How I Did It - Amber McAdoo
After a reality check, Amber McAdoo cuts costs, works less, and makes more money for herself. What a concept!
By Jeff Kent
In 2004, Amber McAdoo left college with a degree in photography. By May 2005, she’d settled back into her hometown of Benton, Ark., and opened a portrait and wedding studio in a retail space. Business came right away, and her burgeoning workload soon had her shooting seven days a week and working on the computer most evenings. “I was taken off guard by the amount of time the business required,” says McAdoo. “I started to think, how can I make it more efficient so I don’t have to work every night?”
In July 2006, McAdoo attended PPA’s Make More Money conference in Phoenix, where she heard Ann Monteith, M.Photog.Cr.,Hon.M.Photog., CPP, ABI, API, A-ASP,Hon.ASP, speak about effective business management. When Monteith told the audience there was a formula for pricing photography, McAdoo listened closely. “I knew I needed to raise my prices, but I didn’t know how, and I was scared,” she says. “I didn’t understand that I was supposed to pay myself for my time. My studio kept getting busier, but I wasn’t seeing the profits. I thought the answer was to just keep shooting more and more.”
To keep up with the breakneck pace, she added two full-time employees to the parttime assistant she hired in 2006. Still, by the end of 2007, she was working day and night, and seeing no significant uptick in net profits. Her cost of sales (COS) grew from an already bad 30 percent to 39 percent in 2007, 14 points above the PPA benchmark for retail studios, partly because one of the employees did only production work, so that salary went into the COS. Meanwhile, McAdoo hadn’t raised prices, so the ratio of her COS to gross revenue was getting even more out of balance. She was shooting more sessions, but she was also spending more money on making each sale. So, while her gross revenue went up, her net profit and sales average actually went down.
When McAdoo came to SMS in 2007, her consultant, Bridget Jackson, saw a photographer on the brink of a burnout. “She was overworked, and her employee expenses and cost of sales were killing her business,” says Jackson. “At her existing prices, the more she photographed, the more money went out the door.”
Raising prices was the priority in turning things around. As prices increase, COS decreases: COS is determined by dividing the total cost to produce the product by the gross revenue collected for it. McAdoo gradually edged up her prices in 2007, and in 2008 she bumped them up significantly.
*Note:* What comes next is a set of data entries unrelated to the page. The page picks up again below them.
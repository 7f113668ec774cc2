-- ===== src/Events/Histories/Newest.antt =====
-- crates/machineemu/src/api/events.rs: which record the loop over all histories drops next.
use machineemu.Prelude.{
  ℕ, ◌≤◌, ◌≡◌, refl, sym, ap, subst, ◌∙◌, true, false, Option, none, some, List, [], ◌∷◌, leb,
  leb→le, inl, inr, Bool-cases, Option-cases, arith,
}
use machineemu.Events.Cursors.{same_text}
use machineemu.Events.Histories.{EventRecord, History, Entry, lookup, sum, oldest}
use machineemu.Events.Histories.Entries.{Unique, same_text_refl, same_text-equal, same_text-sym}
use machineemu.Events.Histories.Evicted.{oldest-Found, records-cases, value, named}

order_of :
    {m n : List ℕ} {i j : ℕ} → ◌≡◌ {A = Option (List ℕ × ℕ)} (some (m, i)) (some (n, j)) → i ≡ j
order_of h = ap (λ p. p.1) (value h)

first_order :
    (r q : EventRecord) (more rest l : List EventRecord)
    → l ≡ r ∷ more
    → l ≡ q ∷ rest
    → r.order ≡ q.order
first_order r q more rest l e f =
    let same : ◌≡◌ {A = List EventRecord} (r ∷ more) (q ∷ rest) = sym e ∙ f in
    let equal : r ≡ q = cc same in ap (λ x. x.order) equal

module _ {Sender : Type 0} where
  -- No history starts with an older record.
  abbrev pub IsLeast : ℕ → List (Entry Sender) → Type 0
  IsLeast order [] = Unit
  IsLeast order (e ∷ entries) =
      ((q : EventRecord) (rest : List EventRecord) → e.history.records ≡ q ∷ rest → order ≤ q.order)
      × IsLeast order entries

  IsLeast-mono :
      (low high : ℕ) (entries : List (Entry Sender))
      → low ≤ high
      → IsLeast high entries
      → IsLeast low entries
  IsLeast-mono low high [] le h = tt
  IsLeast-mono low high (e ∷ entries) le h =
      (λ q rest starts. omega (arith, h.0 q rest starts), IsLeast-mono low high entries le h.1)

  none-IsLeast :
      (order : ℕ) (entries : List (Entry Sender)) → oldest entries ≡ none → IsLeast order entries
  unfolding oldest
  none-IsLeast order [] h = tt
  none-IsLeast order (e ∷ entries) h = elim (records-cases e.history.records) [
    | inl nil ↦
        let rest : oldest entries ≡ none = (let shown = rw nil at h in shown) in
        (λ q more starts. absurd (cc (nil, starts)), none-IsLeast order entries rest)
    | inr (r, more, starts) ↦ absurd (elim (Option-cases (oldest entries)) [
      | inl missing ↦ let shown = rw (starts, missing) at h in cc shown
      | inr (o, present) ↦ let shown = rw (starts, present) at h in cc shown
    ])
  ]

  pub oldest-IsLeast :
      (entries : List (Entry Sender)) (name : List ℕ) (order : ℕ)
      → oldest entries ≡ some (name, order)
      → IsLeast order entries
  unfolding oldest
  oldest-IsLeast [] name order h = tt
  oldest-IsLeast (e ∷ entries) name order h = elim (records-cases e.history.records) [
    | inl nil ↦
        let rest : oldest entries ≡ some (name, order) = (let shown = rw nil at h in shown) in
        (λ q more starts. absurd (cc (nil, starts)), oldest-IsLeast entries name order rest)
    | inr (r, more, starts) ↦ elim (Option-cases (oldest entries)) [
      | inl missing ↦
          let this : r.order ≡ order = (let shown = rw (starts, missing) at h in order_of shown) in
          (
            λ q rest f. omega (arith, this, first_order r q more rest e.history.records starts f),
            none-IsLeast order entries missing,
          )
      | inr (o, present) ↦ elim (Bool-cases (leb r.order o.1)) [
        | inl here ↦
            let this : r.order ≡ order =
              (let shown = rw (starts, present, here) at h in order_of shown) in
            (
              λ q rest f. omega (arith, this, first_order r q more rest e.history.records starts f),
              IsLeast-mono order o.1 entries (omega (arith, this, leb→le r.order o.1 here))
                  (oldest-IsLeast entries o.0 o.1 present),
            )
        | inr there ↦
            let this : o ≡ (name, order) =
              (let shown = rw (starts, present, there) at h in value shown) in
            let same : o.1 ≡ order = ap (λ p. p.1) this in
            (
              λ q rest f.
                  let equal = first_order r q more rest e.history.records starts f in
                  ground (arith, same, equal),
              oldest-IsLeast entries name order (present ∙ ap some this),
            )
      ]
    ]
  ]

  -- The front of the chosen history has the order that was chosen.
  pub oldest-order :
      (entries : List (Entry Sender)) (name : List ℕ) (order : ℕ) (h : History Sender)
      (q : EventRecord) (rest : List EventRecord)
      → IsLeast order entries
      → lookup name entries ≡ some h
      → h.records ≡ q ∷ rest
      → order ≤ q.order
  unfolding lookup
  oldest-order [] name order h q rest least found starts = cc found
  oldest-order (e ∷ entries) name order h q rest least found starts =
      elim (Bool-cases (same_text e.name name)) [
        | inl same ↦
            let this : e.history ≡ h = (let shown = rw same at found in value shown) in
            least.0 q rest (ap (λ i. i.records) this ∙ starts)
        | inr other ↦
            let later : lookup name entries ≡ some h = (let shown = rw other at found in shown) in
            oldest-order entries name order h q rest least.1 later starts
      ]

  in_later :
      (e : Entry Sender) (entries : List (Entry Sender)) (name : List ℕ) (order : ℕ)
      (h : History Sender)
      → Unique (e ∷ entries)
      → oldest entries ≡ some (name, order)
      → lookup name (e ∷ entries) ≡ some h
      → lookup name entries ≡ some h
  unfolding lookup
  in_later e entries name order h u present found = elim (Bool-cases (same_text e.name name)) [
    | inr other ↦ (let shown = rw other at found in shown)
    | inl same ↦
        let f = oldest-Found entries name order u.1 present in
        let missing : lookup name entries ≡ none =
          subst (λ n. lookup n entries ≡ none) (same_text-equal e.name name same) u.0 in
        absurd (cc (missing, f.found))
  ]

  here_first :
      (e : Entry Sender) (entries : List (Entry Sender)) (name : List ℕ) (h : History Sender)
      → e.name ≡ name
      → lookup name (e ∷ entries) ≡ some h
      → e.history ≡ h
  unfolding lookup
  here_first e entries name h same found =
      let here : same_text e.name name ≡ true =
        subst (λ n. same_text e.name n ≡ true) same (same_text_refl e.name) in
      (let shown = rw here at found in value shown)

  chosen_here :
      (e : Entry Sender) (entries : List (Entry Sender)) (name : List ℕ) (order : ℕ)
      (h : History Sender) (q : EventRecord) (rest : List EventRecord) (r : EventRecord)
      (more : List EventRecord)
      → e.history.records ≡ r ∷ more
      → ◌≡◌ {A = Option (List ℕ × ℕ)} (some (e.name, r.order)) (some (name, order))
      → lookup name (e ∷ entries) ≡ some h
      → h.records ≡ q ∷ rest
      → q.order ≡ order
  chosen_here e entries name order h q rest r more s pair found starts =
      let this : e.history ≡ h = here_first e entries name h (named pair) found in
      let equal = first_order r q more rest h.records (sym (ap (λ i. i.records) this) ∙ s) starts in
      omega (arith, equal, order_of pair)

  found_later :
      (e : Entry Sender) (entries : List (Entry Sender)) (m : List ℕ) (i : History Sender)
      → lookup e.name entries ≡ none
      → lookup m entries ≡ some i
      → lookup m (e ∷ entries) ≡ some i
  unfolding lookup
  found_later e entries m i fresh found = elim (Bool-cases (same_text e.name m)) [
    | inr other ↦ rw other found
    | inl same ↦
        let missing : lookup m entries ≡ none =
          subst (λ n. lookup n entries ≡ none) (same_text-equal e.name m same) fresh in
        absurd (cc (missing, found))
  ]

  -- The first record of the chosen history has the order that was chosen.
  pub chosen_order :
      (entries : List (Entry Sender)) (name : List ℕ) (order : ℕ) (h : History Sender)
      (q : EventRecord) (rest : List EventRecord)
      → Unique entries
      → oldest entries ≡ some (name, order)
      → lookup name entries ≡ some h
      → h.records ≡ q ∷ rest
      → q.order ≡ order
  unfolding oldest
  chosen_order [] name order h q rest u chosen found starts = cc chosen
  chosen_order (e ∷ entries) name order h q rest u chosen found starts =
      elim (records-cases e.history.records) [
        | inl nil ↦
            let later : oldest entries ≡ some (name, order) =
              (let shown = rw nil at chosen in shown) in
            chosen_order entries name order h q rest u.1 later
              (in_later e entries name order h u later found) starts
        | inr (r, more, s) ↦ elim (Option-cases (oldest entries)) [
          | inl missing ↦
              let pair : ◌≡◌ {A = Option (List ℕ × ℕ)} (some (e.name, r.order))
                  (some (name, order)) =
                (let shown = rw (s, missing) at chosen in shown) in
              chosen_here e entries name order h q rest r more s pair found starts
          | inr (o, present) ↦ elim (Bool-cases (leb r.order o.1)) [
            | inl here ↦
                let pair : ◌≡◌ {A = Option (List ℕ × ℕ)} (some (e.name, r.order))
                    (some (name, order)) =
                  (let shown = rw (s, present, here) at chosen in shown) in
                chosen_here e entries name order h q rest r more s pair found starts
            | inr there ↦
                let this : o ≡ (name, order) =
                  (let shown = rw (s, present, there) at chosen in value shown) in
                let later : oldest entries ≡ some (name, order) = present ∙ ap some this in
                chosen_order entries name order h q rest u.1 later
                  (in_later e entries name order h u later found) starts
          ]
        ]
      ]

  sum-zero :
      (measure : History Sender → ℕ) (entries : List (Entry Sender))
      → Unique entries
      → ((m : List ℕ) (i : History Sender) → lookup m entries ≡ some i → measure i ≡ 0)
      → sum measure entries ≡ 0
  unfolding sum
  sum-zero measure [] u nothing = refl
  sum-zero measure (e ∷ entries) u nothing =
      let first = nothing e.name e.history (unfold lookup in rw (same_text_refl e.name) refl) in
      let rest =
        sum-zero measure entries u.1
          λ m i found. nothing m i (found_later e entries m i u.0 found) in
      omega (arith, first, rest)

  -- Without the others a sum is that of one history.
  pub sum-only :
      (measure : History Sender → ℕ) (name : List ℕ) (h : History Sender)
      (entries : List (Entry Sender))
      → Unique entries
      → lookup name entries ≡ some h
      → ((m : List ℕ) (i : History Sender)
          → same_text name m ≡ false
          → lookup m entries ≡ some i
          → measure i ≡ 0)
      → sum measure entries ≡ measure h
  unfolding sum
  sum-only measure name h [] u found nothing = unfold lookup in cc found
  sum-only measure name h (e ∷ entries) u found nothing =
      elim (Bool-cases (same_text e.name name)) [
        | inl same ↦
            let equal : e.name ≡ name = same_text-equal e.name name same in
            let this : e.history ≡ h = here_first e entries name h equal found in
            let rest = sum-zero measure entries u.1 λ m i f.
              nothing m i
                (elim (Bool-cases (same_text name m)) [
                  | inr differs ↦ differs
                  | inl also ↦
                      let other : e.name ≡ m = equal ∙ same_text-equal name m also in
                      let missing : lookup m entries ≡ none =
                        subst (λ n. lookup n entries ≡ none) other u.0 in
                      absurd (cc (missing, f))
                ])
                (found_later e entries m i u.0 f) in
            omega (arith, ap measure this, rest)
        | inr differs ↦
            let first =
              nothing e.name e.history (same_text-sym e.name name differs)
                (unfold lookup in rw (same_text_refl e.name) refl) in
            let later : lookup name entries ≡ some h =
              (unfold lookup in (let shown = rw differs at found in shown)) in
            let rest =
              sum-only measure name h entries u.1 later
                λ m i d f. nothing m i d (found_later e entries m i u.0 f) in
            omega (arith, first, rest)
      ]
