-- ===== src/Events/Histories/Lasting.antt =====
-- crates/machineemu/src/api/events.rs: the record that has just been published, in the loop over all
-- histories.
use machineemu.Prelude.{
  ℕ, zero, suc, ◌≤◌, ◌<◌, ◌≡◌, sym, ap, subst, ◌∙◌, false, some, List, [], ◌∷◌, ◌++◌, length, ◌||◌,
  ltb, ltb→lt, le→ltb, inl, inr, All, Bool-cases, Option-cases, arith,
}
use machineemu.Events.Cursors.{u64_mod, same_text}
use machineemu.Events.Histories.{
  EventRecord, size, History, Entry, sub_u64, global_history_bytes, trim, history_events,
  instance_history_bytes, lookup, put, sum, oldest, evict,
}
use machineemu.Events.Histories.Entries.{
  Unique, lookup-put, lookup-put_other, Unique-put, All-found, same_text-equal,
}
use machineemu.Events.Histories.Loops.{total_size, sub_u64_lem}
use machineemu.Events.Histories.Evicted.{IsHistory, Found, oldest-Found, records-cases, value}
use machineemu.Events.Histories.Rounds.{without_first, next, pop_lem, round_lem}
use machineemu.Events.Histories.Newest.{oldest-IsLeast, chosen_order, oldest-order, sum-only}

tail_of :
    (q s : EventRecord) (l rest more : List EventRecord) → l ≡ q ∷ rest → l ≡ s ∷ more → rest ≡ more
tail_of q s l rest more e f =
    let same : ◌≡◌ {A = List EventRecord} (q ∷ rest) (s ∷ more) = sym e ∙ f in cc same

-- The loop over the records of an instance leaves the last one.
pub trim-last :
    (earlier : List EventRecord) (r : EventRecord) (bytes total : ℕ)
    → bytes ≡ total_size (earlier ++ r ∷ [])
    → bytes < u64_mod
    → size r ≤ instance_history_bytes
    → {kept : List EventRecord} {kept_bytes left : ℕ}
    → trim (earlier ++ r ∷ []) bytes total ≡ some (kept, kept_bytes, left)
    → (e : List EventRecord) × (kept ≡ e ++ r ∷ [])
unfolding trim
trim-last [] r bytes total c lt small {kept} {kept_bytes} {left} ran =
    let within : ltb instance_history_bytes bytes ≡ false =
      le→ltb instance_history_bytes bytes (omega (arith, c, small)) in
    let same : (r ∷ [], bytes, total) ≡ (kept, kept_bytes, left) =
      (let shown = rw within at ran in value shown) in
    ([], sym (ap (λ p. p.0) same))
trim-last (q ∷ earlier) r bytes total c lt small {kept} {kept_bytes} {left} ran =
    elim (Bool-cases
      (ltb history_events (length (q ∷ (earlier ++ r ∷ []))) || ltb instance_history_bytes bytes)) [
        | inr within ↦
            let same : (q ∷ (earlier ++ r ∷ []), bytes, total) ≡ (kept, kept_bytes, left) =
              (let shown = rw within at ran in value shown) in
            (q ∷ earlier, sym (ap (λ p. p.0) same))
        | inl over ↦
            let less = sub_u64_lem bytes (size q) (omega (arith, c)) lt in
            let rest : trim (earlier ++ r ∷ []) (sub_u64 bytes (size q)) (sub_u64 total (size q))
                ≡ some (kept, kept_bytes, left) =
              (let shown = rw over at ran in shown) in
            trim-last earlier r (sub_u64 bytes (size q)) (sub_u64 total (size q))
              (omega (arith, less, c)) (omega (arith, less)) small rest
      ]

module _ {Sender : Type 0} where
  -- A history ends with the record, and the other histories have older records only.
  pub record IsNewest (name : List ℕ) (r : EventRecord) (entries : List (Entry Sender))
      : Type 0 where
    pub history : History Sender
    pub found : lookup name entries ≡ some history
    pub earlier : List EventRecord
    pub ends : history.records ≡ earlier ++ r ∷ []
    pub others :
        (m : List ℕ) (i : History Sender)
        → same_text name m ≡ false
        → lookup m entries ≡ some i
        → All (λ q. q.order < r.order) i.records

  -- If the record is the oldest of all, it is the only one.
  only_one :
      (bound : ℕ) (name : List ℕ) (order : ℕ) (r : EventRecord) (entries : List (Entry Sender))
      (n : IsNewest name r entries)
      → Unique entries
      → All (λ e. IsHistory bound e.history) entries
      → oldest entries ≡ some (name, order)
      → n.history.records ≡ r ∷ []
      → sum (λ h. h.bytes) entries ≡ size r
  only_one bound name order r entries n u all chosen alone =
      let least = oldest-IsLeast entries name order chosen in
      let same = chosen_order entries name order n.history r [] u chosen n.found alone in
      let own = All-found (IsHistory bound) name n.history entries n.found all in
      let total =
        sum-only (λ h. h.bytes) name n.history entries u n.found
          λ m i differs found. elim (records-cases i.records) [
            | inl nil ↦
                let v = All-found (IsHistory bound) m i entries found all in
                v.counted ∙ ap total_size nil
            | inr (q, rest, starts) ↦
                let older =
                  subst (All (λ x. x.order < r.order)) starts (n.others m i differs found) in
                let least_q = oldest-order entries m order i q rest least found starts in
                absurd (omega (arith, same, older.0, least_q))
          ] in
      omega (arith, total, own.counted, ap total_size alone)

  -- A round that drops a record of another history keeps it.
  other_round :
      (name n : List ℕ) (r : EventRecord) (entries : List (Entry Sender)) (f : Found n entries)
      → IsNewest name r entries
      → same_text n name ≡ false
      → IsNewest name r (next n entries f)
  other_round name n r entries f i differs =
      let h' = without_first f.history f.first f.later in
      record {
        history = i.history;
        found = lookup-put_other n name h' entries differs ∙ i.found;
        earlier = i.earlier;
        ends = i.ends;
        others = λ m j d found. elim (Bool-cases (same_text n m)) [
          | inr another ↦ i.others m j d (sym (lookup-put_other n m h' entries another) ∙ found)
          | inl same ↦
              let equal : n ≡ m = same_text-equal n m same in
              let this : h' ≡ j = value (
                sym (lookup-put n h' entries)
                ∙ ap (λ k. lookup k (put n h' entries)) equal
                ∙ found) in
              let old = i.others m f.history d (ap (λ k. lookup k entries) (sym equal) ∙ f.found) in
              let all = subst (All (λ q. q.order < r.order)) f.starts old in
              subst (λ k. All (λ q. q.order < r.order) k.records) this all.1
        ];
      }

  -- So does a round that drops an earlier record of its history.
  own_round :
      (n : List ℕ) (r q : EventRecord) (entries : List (Entry Sender)) (f : Found n entries)
      (i : IsNewest n r entries) (rest : List EventRecord)
      → i.earlier ≡ q ∷ rest
      → IsNewest n r (next n entries f)
  own_round n r q entries f i rest more =
      let h' = without_first f.history f.first f.later in
      let same : f.history ≡ i.history = value (sym f.found ∙ i.found) in
      let shape : f.history.records ≡ q ∷ (rest ++ r ∷ []) =
        ap (λ h. h.records) same ∙ i.ends ∙ ap (λ l. l ++ r ∷ []) more in
      record {
        history = h';
        found = lookup-put n h' entries;
        earlier = rest;
        ends = tail_of f.first q f.history.records f.later (rest ++ r ∷ []) f.starts shape;
        others = λ m j d found. i.others m j d (sym (lookup-put_other n m h' entries d) ∙ found);
      }

  round-IsNewest :
      (bound : ℕ) (name n : List ℕ) (order : ℕ) (r : EventRecord) (entries : List (Entry Sender))
      (f : Found n entries)
      → IsNewest name r entries
      → Unique entries
      → All (λ e. IsHistory bound e.history) entries
      → oldest entries ≡ some (n, order)
      → size r < sum (λ h. h.bytes) entries
      → IsNewest name r (next n entries f)
  round-IsNewest bound name n order r entries f i u all chosen more =
      elim (Bool-cases (same_text n name)) [
        | inr differs ↦ other_round name n r entries f i differs
        | inl same ↦
            let equal : n ≡ name = same_text-equal n name same in
            let i' : IsNewest n r entries = subst (λ k. IsNewest k r entries) (sym equal) i in
            subst (λ k. IsNewest k r (next n entries f)) equal
              (elim (records-cases i'.earlier) [
                | inr (q, rest, starts) ↦ own_round n r q entries f i' rest starts
                | inl nil ↦ absurd (
                    let alone = i'.ends ∙ ap (λ l. l ++ r ∷ []) nil in
                    omega (arith, more, only_one bound n order r entries i' u all chosen alone))
              ])
      ]

  -- The loop keeps a record that is newer than all others and takes up less than the bound.
  pub evict-IsNewest :
      (bound fuel : ℕ) (name : List ℕ) (r : EventRecord) (entries left : List (Entry Sender))
      (total left_total : ℕ)
      → size r ≤ global_history_bytes
      → Unique entries
      → All (λ e. IsHistory bound e.history) entries
      → total ≡ sum (λ h. h.bytes) entries
      → total < u64_mod
      → IsNewest name r entries
      → evict fuel entries total ≡ some (left, left_total)
      → IsNewest name r left
  unfolding evict
  evict-IsNewest bound zero name r entries left total left_total small u all c lt i ran = cc ran
  evict-IsNewest bound (suc fuel) name r entries left total left_total small u all c lt i ran =
      elim (Bool-cases (ltb global_history_bytes total)) [
        | inr within ↦
            let same : (entries, total) ≡ (left, left_total) =
              (let shown = rw within at ran in value shown) in
            subst (IsNewest name r) (ap (λ p. p.0) same) i
        | inl over ↦ elim (Option-cases (oldest entries)) [
          | inl missing ↦
              let same : (entries, total) ≡ (left, left_total) =
                (let shown = rw (over, missing) at ran in value shown) in
              subst (IsNewest name r) (ap (λ p. p.0) same) i
          | inr ((n, order), chosen) ↦
              let f = oldest-Found entries n order u chosen in
              let step = round_lem bound n entries total f all c lt in
              let rest : evict fuel (next n entries f) (sub_u64 total (size f.first))
                  ≡ some (left, left_total) =
                (let shown = rw (over, chosen, pop_lem n entries total f) at ran in shown) in
              evict-IsNewest bound fuel name r (next n entries f) left
                (sub_u64 total (size f.first)) left_total small (Unique-put n _ entries u) step.each
                step.counted step.less
                (round-IsNewest bound name n order r entries f i u all chosen
                  (omega (arith, small, c, ltb→lt global_history_bytes total over)))
                rest
        ]
      ]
As new, higherpaying clients began to replace McAdoo’s first, bargain-hunting clients, studio profits jumped while COS plummeted. In one year, McAdoo’s COS dropped from 39 percent to 26, almost achieving the SMS retail benchmark of 25 percent.
Next up, McAdoo had to refine her in-house production flow and trim employee costs. She’d hired those three employees because she was busy, but her revenue did not justify the additional expense. Outsourcing certain tasks made better financial sense because McAdoo could scale the costs of production to specific needs, rather than having to pay a salary regardless of slow times when the employee was idle.
McAdoo saw as well that in charging more, she could make the desired gross revenue with fewer sessions—fewer sessions, less production required, lower COS, higher net profits! And with a less crowded schedule, McAdoo would have the time to develop a more efficient sales strategy.
Her new three-part sales tactic— scheduling a pre-session consultation, a portrait session and a projection sales session—brings in significantly higher sales averages for McAdoo. In 2007, she grossed about $840 per session; that jumped to just over $1,300 in 2008, and then hopped up to $1,600 in 2009. The increases have helped McAdoo cut total session bookings and boost gross revenue. In ’07, she photographed 211 sessions. In ’08, she photographed
only 120 sessions yet grossed about $7,000 more. Projections for 2009 show slightly fewer sessions than the previous year, with a consistent gross revenue.
Prior to renovating the workflow, McAdoo buried herself in Photoshop work, retouching every image.
Now she selects 40 images from each session and retouches her favorite 10. Presenting those 10 favorites as artist’s selections, she guides her clients through the sales session, showing only images they’re likely to buy.
“It only confuses the consumer to show so many images,” says Jackson. “They don’t know about the 60 images from the session that you didn’t show. They want you to streamline the process for them. They are paying you for your artist’s picks, those select images that you prepared just for them.”
Midway through 2009, McAdoo had a baby and needed a set schedule more than ever. She now does afternoon sessions on Mondays and Tuesdays, morning sessions on Thursdays. Wednesdays are for consultations and order fulfillment, weekends free unless she does a wedding. Workdays end at 6 p.m.
McAdoo continues to decrease costs and increase her bottom-line profits (owner’s compensation + net profit). Labor is down to one part-time employee. From 2006 to 2007, her bottom-line profit hovered around 30 percent, five points lower than the SMS benchmark, but in 2008, McAdoo took home 45 percent of her gross revenues, and it looks like 2009 will be even better.